■ Data for this task ■
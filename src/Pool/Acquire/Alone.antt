-- ===== src/Pool/Acquire/Alone.antt =====
-- What `acquire` and `warm_to` return when no other task touches the pool meanwhile.
use open_functions.Prelude.{
  not_leb→lt, ℕ, zero, suc, ◌+◌, ◌-◌, ◌≤◌, ◌<◌, ◌≡◌, ◌⊎◌, ◌≢◌, refl, inl, inr, List, [], ◌∷◌, none,
  some, false, length, lookup, lookup-insert, ℕ_Eq, leb, min, arith, Option-cases, Bool-cases,
  Result, ok, err, Result-cases,
}
use open_functions.Pool.{
  SocketAddr, AcquiredInstance, InstanceState, AcquireError, Pool, try_acquire_existing, BeginStart,
  proceed, at_capacity, begin_start, finish_start, QueuePolicy, queue_timeout,
}
use open_functions.Pool.Acquire.{
  Surroundings, Acquired, acquire, acquire_from, on_begin, on_capacity,
}

-- The address is one of the keys.
abbrev pub Listed : SocketAddr → List SocketAddr → Type 0
Listed addr [] = ⊥
Listed addr (a ∷ as') = (addr ≡ a) ⊎ Listed addr as'

-- Nobody else touches the pool, and the keys that a round sees include every instance.
pub record IsAlone (w : Surroundings) : Type 0 where
  pub untouched : (k : ℕ) (p : Pool) → w.others k p ≡ p
  pub complete :
      (k : ℕ) (p : Pool) (addr : SocketAddr) (inst : InstanceState)
      → lookup addr p.instances ≡ some inst
      → Listed addr (w.order k p)

-- Where a listed instance has a free slot, one is taken.
free_is_taken :
    (order : List SocketAddr) (now : ℕ) (p : Pool) (addr : SocketAddr) (inst : InstanceState)
    → Listed addr order
    → lookup addr p.instances ≡ some inst
    → 0 < inst.available
    → try_acquire_existing order now p ≢ none
unfolding try_acquire_existing
free_is_taken [] now p addr inst m l f = absurd m
free_is_taken (b ∷ bs) now p addr inst (inl e) l f = λ h. ground (arith, e)
free_is_taken (b ∷ bs) now p addr inst (inr m) l f =
    λ h. ground (arith, free_is_taken bs now p addr inst m l f)

-- What `begin_start` returns while nobody starts an instance.
begin_cases :
    (p : Pool)
    → p.starting ≡ none
    → (begin_start p ≡ (
      record p { starting = some p.fresh; global_free = p.global_free - 1; fresh = p.fresh + 1 },
      proceed p.spec_template,
    ))
      ⊎ ((begin_start p ≡ (p, BeginStart.draining)) ⊎ (begin_start p ≡ (p, at_capacity)))
unfolding begin_start
begin_cases p h = ground arith

begin_proceeds :
    (p : Pool)
    → p.is_draining ≡ false
    → p.starting ≡ none
    → length p.instances < p.config.max_instances
    → 0 < p.global_free
    → begin_start p ≡ (
      record p { starting = some p.fresh; global_free = p.global_free - 1; fresh = p.fresh + 1 },
      proceed p.spec_template,
    )
unfolding begin_start
begin_proceeds p d st len free = ground arith

module _ (w : Surroundings) (alone : IsAlone w) where
  slot_is_acquired :
      (fuel k wait_start now : ℕ) (p : Pool) (addr : SocketAddr) (inst : InstanceState)
      → lookup addr p.instances ≡ some inst
      → 0 < inst.available
      → (q : Pool) × (a : AcquiredInstance) × (acquire_from w (suc fuel) k wait_start now p
          ≡ some (q, ok a))
  unfolding acquire_from
  slot_is_acquired fuel k wait_start now p addr inst l f =
      elim (Option-cases (try_acquire_existing (w.order k p) now p)) [
        | inl e ↦
            absurd
              (free_is_taken (w.order k p) now p addr inst (alone.complete k p addr inst l) l f e)
        | inr ((q, a), e) ↦ (q, a, rw (e, acquire_from) refl)
      ]

  -- A start that succeeds is followed by a round that takes a slot of the new instance.
  started_is_acquired :
      (fuel k wait_start now later : ℕ) (p : Pool) (addr : SocketAddr)
      → 0 < p.config.concurrency
      → (q : Pool) × (a : AcquiredInstance) × (acquire_from w
            (suc fuel)
            k
            wait_start
            now
            (finish_start (ok addr) later p).0
          ≡ some (q, ok a))
  unfolding finish_start
  started_is_acquired fuel k wait_start now later p addr c =
      slot_is_acquired fuel k wait_start now (finish_start (ok addr) later p).0 addr
        (record {
          handle = some addr;
          semaphore = p.fresh;
          available = p.config.concurrency;
          last_used = later;
        })
        (ground (
          arith,
          lookup-insert addr addr
              (record {
                handle = some addr;
                semaphore = p.fresh;
                available = p.config.concurrency;
                last_used = later;
              })
              p.instances,
        ))
        c

  Ends : Acquired → Type 0
  Ends r = (x : Pool × Result AcquireError AcquiredInstance) × (r ≡ some x)

  start-Ends :
      (fuel k wait_start now : ℕ) (p : Pool)
      → 0 < p.config.concurrency
      → Ends (
          on_begin w k wait_start now
            (λ later q. acquire_from w (suc fuel) (suc k) wait_start later q)
            (p, proceed p.spec_template))
  unfolding on_begin finish_start Ends
  start-Ends fuel k wait_start now p c = elim (Result-cases (w.spawn k p.spec_template)) [
    | inl (addr, s) ↦
        let (q, a, e) =
          started_is_acquired fuel (suc k) wait_start (now + w.lag k) (now + w.lag k) p addr c in
        rw (s, alone.untouched k p) ((q, ok a), e)
    | inr (x, s) ↦ rw (s, alone.untouched k p) (_, refl)
  ]

  on_capacity-Ends :
      (continue : ℕ → Pool → Acquired) (policy : QueuePolicy) (elapsed later : ℕ) (p : Pool)
      → (leb p.config.queue_max_wait elapsed ≡ false → Ends (continue later p))
      → Ends (on_capacity continue policy elapsed later p)
  unfolding on_capacity Ends
  on_capacity-Ends continue QueuePolicy.reject elapsed later p again = (_, refl)
  on_capacity-Ends continue QueuePolicy.wait elapsed later p again =
      elim (Bool-cases (leb p.config.queue_max_wait elapsed)) [
        | inl t ↦ ((p, err (queue_timeout p.config.queue_max_wait)), ground arith)
        | inr f ↦ let (x, e) = again f in (x, ground (arith, e))
      ]

  capacity-Ends :
      (k wait_start now : ℕ) (p : Pool) (continue : ℕ → Pool → Acquired)
      → ((later : ℕ)
          → wait_start + p.config.queue_max_wait - later
            < wait_start + p.config.queue_max_wait - now
          → Ends (continue later p))
      → Ends (on_begin w k wait_start now continue (p, at_capacity))
  unfolding on_begin Ends
  capacity-Ends k wait_start now p continue again =
      let later = now + min (p.config.queue_max_wait - (now - wait_start)) 20 + w.lag k in
      on_capacity-Ends (λ later' q. continue later' (w.others k q)) p.config.queue_policy
        (now - wait_start) later p
        (λ f. rw (alone.untouched k p) (again later (omega (arith, not_leb→lt _ _ f))))

  acquire_from_returns :
      (fuel k wait_start now : ℕ) (p : Pool)
      → p.starting ≡ none
      → 0 < p.config.concurrency
      → wait_start + p.config.queue_max_wait - now + 2 ≤ fuel
      → (r : Pool × Result AcquireError AcquiredInstance) × (acquire_from w fuel k wait_start now p
          ≡ some r)
  unfolding acquire_from Ends on_begin
  acquire_from_returns zero k wait_start now p st c m = absurd (omega arith)
  acquire_from_returns (suc zero) k wait_start now p st c m = absurd (omega arith)
  acquire_from_returns (suc (suc fuel)) k wait_start now p st c m =
      elim (Option-cases (try_acquire_existing (w.order k p) now p)) [
        | inr ((q, a), e) ↦ ((q, ok a), rw (e, acquire_from) refl)
        | inl e ↦ elim (begin_cases p st) [
          | inl b ↦ rw (e, b, acquire_from) (start-Ends fuel k wait_start now _ c)
          | inr (inl b) ↦ rw (e, b, acquire_from) (_, refl)
          | inr (inr b) ↦
              rw (e, b, acquire_from)
                (capacity-Ends k wait_start now p
                  (λ later q. acquire_from w (suc fuel) (suc k) wait_start later q)
                  (λ later d.
                    acquire_from_returns (suc fuel) (suc k) wait_start later p st c (omega arith)))
        ]
      ]

  -- With a concurrency of at least 1, alone with the pool and while nobody starts an instance,
  -- `acquire` returns: within `queue_max_wait + 2` rounds it has an instance or an error, under
  -- either queue policy.
  pub acquire-returns :
      (fuel now : ℕ) (p : Pool)
      → p.starting ≡ none
      → 0 < p.config.concurrency
      → p.config.queue_max_wait + 2 ≤ fuel
      → (r : Pool × Result AcquireError AcquiredInstance) × (acquire w fuel now p ≡ some r)
  unfolding acquire Ends
  acquire-returns fuel now p st c m = acquire_from_returns fuel 0 now now p st c (omega (arith, m))

  -- With a concurrency of at least 1, alone with the pool, where no instance has a free slot, the
  -- pool does not drain, nobody starts an instance, and neither `max_instances` nor the global limit
  -- is reached: if the driver starts an instance, `acquire` returns one.
  pub acquire-cold_start :
      (fuel now : ℕ) (p : Pool) (addr : SocketAddr)
      → try_acquire_existing (w.order 0 p) now p ≡ none
      → p.is_draining ≡ false
      → p.starting ≡ none
      → length p.instances < p.config.max_instances
      → 0 < p.global_free
      → 0 < p.config.concurrency
      → w.spawn 0 p.spec_template ≡ ok addr
      → (q : Pool) × (a : AcquiredInstance) × (acquire w (suc (suc fuel)) now p ≡ some (q, ok a))
  unfolding acquire acquire_from on_begin finish_start
  acquire-cold_start fuel now p addr e d st len free c s =
      let p' : Pool = record p {
        starting = some p.fresh;
        global_free = p.global_free - 1;
        fresh = p.fresh + 1;
      } in
      let (q, a, r) = started_is_acquired fuel 1 now (now + w.lag 0) (now + w.lag 0) p' addr c in
      (q, a, rw (e, begin_proceeds p d st len free, s, alone.untouched 0 p', acquire_from) r)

■ What to produce ■
Copy out only the lines of the records above from the one with "p) (_, refl)" through the one with "(now - wait_start) later p", exactly as they stand, both included.

■ Task answer ■
    | inr (x, s) ↦ rw (s, alone.untouched k p) (_, refl)
  ]

  on_capacity-Ends :
      (continue : ℕ → Pool → Acquired) (policy : QueuePolicy) (elapsed later : ℕ) (p : Pool)
      → (leb p.config.queue_max_wait elapsed ≡ false → Ends (continue later p))
      → Ends (on_capacity continue policy elapsed later p)
  unfolding on_capacity Ends
  on_capacity-Ends continue QueuePolicy.reject elapsed later p again = (_, refl)
  on_capacity-Ends continue QueuePolicy.wait elapsed later p again =
      elim (Bool-cases (leb p.config.queue_max_wait elapsed)) [
        | inl t ↦ ((p, err (queue_timeout p.config.queue_max_wait)), ground arith)
        | inr f ↦ let (x, e) = again f in (x, ground (arith, e))
      ]

  capacity-Ends :
      (k wait_start now : ℕ) (p : Pool) (continue : ℕ → Pool → Acquired)
      → ((later : ℕ)
          → wait_start + p.config.queue_max_wait - later
            < wait_start + p.config.queue_max_wait - now
          → Ends (continue later p))
      → Ends (on_begin w k wait_start now continue (p, at_capacity))
  unfolding on_begin Ends
  capacity-Ends k wait_start now p continue again =
      let later = now + min (p.config.queue_max_wait - (now - wait_start)) 20 + w.lag k in
      on_capacity-Ends (λ later' q. continue later' (w.others k q)) p.config.queue_policy
        (now - wait_start) later p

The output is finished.